_What the task asks_. What lines in the following entries hold the word "side"? Copy each one.

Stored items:
§ §
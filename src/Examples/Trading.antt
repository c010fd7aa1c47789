-- ===== src/Examples/Trading.antt =====
-- Concrete books and matches: a BUY of three shares against two offers.
use golang_predix.Common.{
  ℕ, ◌+◌, ◌≤◌, ◌≡◌, ◌≢◌, refl, ◌⊎◌, inl, inr, none, some, true, false, List, [], ◌∷◌, ◌++◌, All,
  Text, codes, arith,
}
use golang_predix.Common.Int.{pos_part, ltb_ℤ}
use golang_predix.Engine.Types.{buy, sell, Heap, Order, OrderBook, update, is_buy}
use golang_predix.Engine.Matching.{Env, match_against_book}
use golang_predix.Engine.Matching.Terms.{IsFair, SameTerms}
use golang_predix.Engine.Matching.Fills.{IsBalanced, AllBalanced, traded, update-AllBalanced}
use golang_predix.Engine.Matching.Termination.{IsFinished}
use golang_predix.Engine.Matching.Results.{match_against_book-IsFair, match_against_book_complete}
use golang_predix.Engine.Book.{add_to_book, bid_before, ask_before}
use golang_predix.Engine.Book.Priority.{
  IsSorted, IsBookSorted, IsPlaced, add_to_book_keeps_priority,
}
use golang_predix.Engine.Depth.{aggregate_bids, aggregate_asks}
use golang_predix.Engine.Depth.Sums.{
  shares_in, orders_in, open_shares, open_count, aggregate_adds_up,
}
use golang_predix.Engine.Orders.{book_after}
use golang_predix.Engine.Orders.Resting.{book_after-IsBookSorted}
use golang_predix.Samples.{blank, offer}

abbrev env : Env
env = record { uuid = λ n. n ∷ []; now = 5 }

abbrev cheap : Order
cheap = offer "s1" "maya" sell 2 4000

abbrev dear : Order
dear = offer "s2" "noor" sell 5 4500

abbrev taker : Order
taker = offer "b1" "omar" buy 3 5000

abbrev three_orders : Heap
three_orders =
    update (codes "b1") taker (update (codes "s1") cheap (update (codes "s2") dear (λ r. blank)))

abbrev two_asks : OrderBook
two_asks = record { bids = []; asks = codes "s1" ∷ codes "s2" ∷ [] }

blank-IsBalanced : IsBalanced blank
blank-IsBalanced = record { whole = refl; done = refl; left = refl; sum = refl; fits = omega arith }

three_orders-AllBalanced : AllBalanced three_orders
three_orders-AllBalanced =
    update-AllBalanced (codes "b1") taker _
      (record { whole = refl; done = refl; left = refl; sum = refl; fits = omega arith })
      (update-AllBalanced (codes "s1") cheap _
        (record { whole = refl; done = refl; left = refl; sum = refl; fits = omega arith })
        (update-AllBalanced (codes "s2") dear _
          (record { whole = refl; done = refl; left = refl; sum = refl; fits = omega arith })
          (λ r. blank-IsBalanced)))

match_against_book-IsFair_example :
    let m = match_against_book env (codes "b1") three_orders two_asks in
    All (IsFair three_orders (codes "b1")) m.trades
    × All (λ t. t.buyer_id ≢ t.seller_id) m.trades
    × SameTerms three_orders m.heap
match_against_book-IsFair_example = match_against_book-IsFair env (codes "b1") three_orders two_asks

match_against_book_complete_example :
    let m = match_against_book env (codes "b1") three_orders two_asks in
    AllBalanced m.heap
    × (pos_part (m.heap (codes "b1")).remaining_quantity + traded m.trades
        ≡ pos_part (three_orders (codes "b1")).remaining_quantity)
    × IsFinished (codes "b1") m
match_against_book_complete_example =
    match_against_book_complete env (codes "b1") three_orders two_asks three_orders-AllBalanced

two_asks-IsBookSorted : IsBookSorted three_orders two_asks
unfolding update golang_predix.Common.Text-discrete
two_asks-IsBookSorted = (tt, ((refl, tt), (tt, tt)))

add_to_book_keeps_priority_example :
    let c = add_to_book three_orders (codes "b1") two_asks in
    IsBookSorted three_orders c
    × (((is_buy (three_orders (codes "b1")).side ≡ true)
          × IsPlaced (bid_before three_orders) (codes "b1") two_asks.bids c.bids
          × (c.asks ≡ two_asks.asks))
        ⊎ ((is_buy (three_orders (codes "b1")).side ≡ false)
            × IsPlaced (ask_before three_orders) (codes "b1") two_asks.asks c.asks
            × (c.bids ≡ two_asks.bids)))
add_to_book_keeps_priority_example =
    add_to_book_keeps_priority three_orders (codes "b1") two_asks two_asks-IsBookSorted

aggregate_adds_up_example :
    (shares_in (aggregate_bids three_orders two_asks.asks) ≡ open_shares three_orders two_asks.asks)
    × (orders_in (aggregate_bids three_orders two_asks.asks)
        ≡ open_count three_orders two_asks.asks)
    × IsSorted (λ a b. ltb_ℤ b.price a.price) (aggregate_bids three_orders two_asks.asks)
    × (shares_in (aggregate_asks three_orders two_asks.asks)
        ≡ open_shares three_orders two_asks.asks)
    × (orders_in (aggregate_asks three_orders two_asks.asks)
        ≡ open_count three_orders two_asks.asks)
    × IsSorted (λ a b. ltb_ℤ a.price b.price) (aggregate_asks three_orders two_asks.asks)
unfolding open_shares golang_predix.Engine.Depth.is_shown golang_predix.Engine.Depth.is_open update
    golang_predix.Common.Text-discrete
aggregate_adds_up_example = aggregate_adds_up three_orders two_asks.asks (omega arith)

book_after-IsBookSorted_example :
    let m = match_against_book env (codes "b1") three_orders two_asks in
    IsBookSorted m.heap (book_after (codes "b1") m two_asks)
book_after-IsBookSorted_example =
    book_after-IsBookSorted env (codes "b1") three_orders two_asks two_asks-IsBookSorted
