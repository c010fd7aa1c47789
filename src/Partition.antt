-- ===== src/Partition.antt =====
-- internal/partition: which engine works on which event.
pub mod Router
pub mod Redis
pub mod Lease
pub mod Fencing
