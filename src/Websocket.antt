-- ===== src/Websocket.antt =====
-- internal/websocket: the connections of the clients, the hub, and the Redis subscriber that feeds it.
pub mod Sets
pub mod Client
pub mod Hub
pub mod Subscriber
§ §
_Answer space_.
    × (((is_buy (three_orders (codes "b1")).side ≡ true)
        ⊎ ((is_buy (three_orders (codes "b1")).side ≡ false)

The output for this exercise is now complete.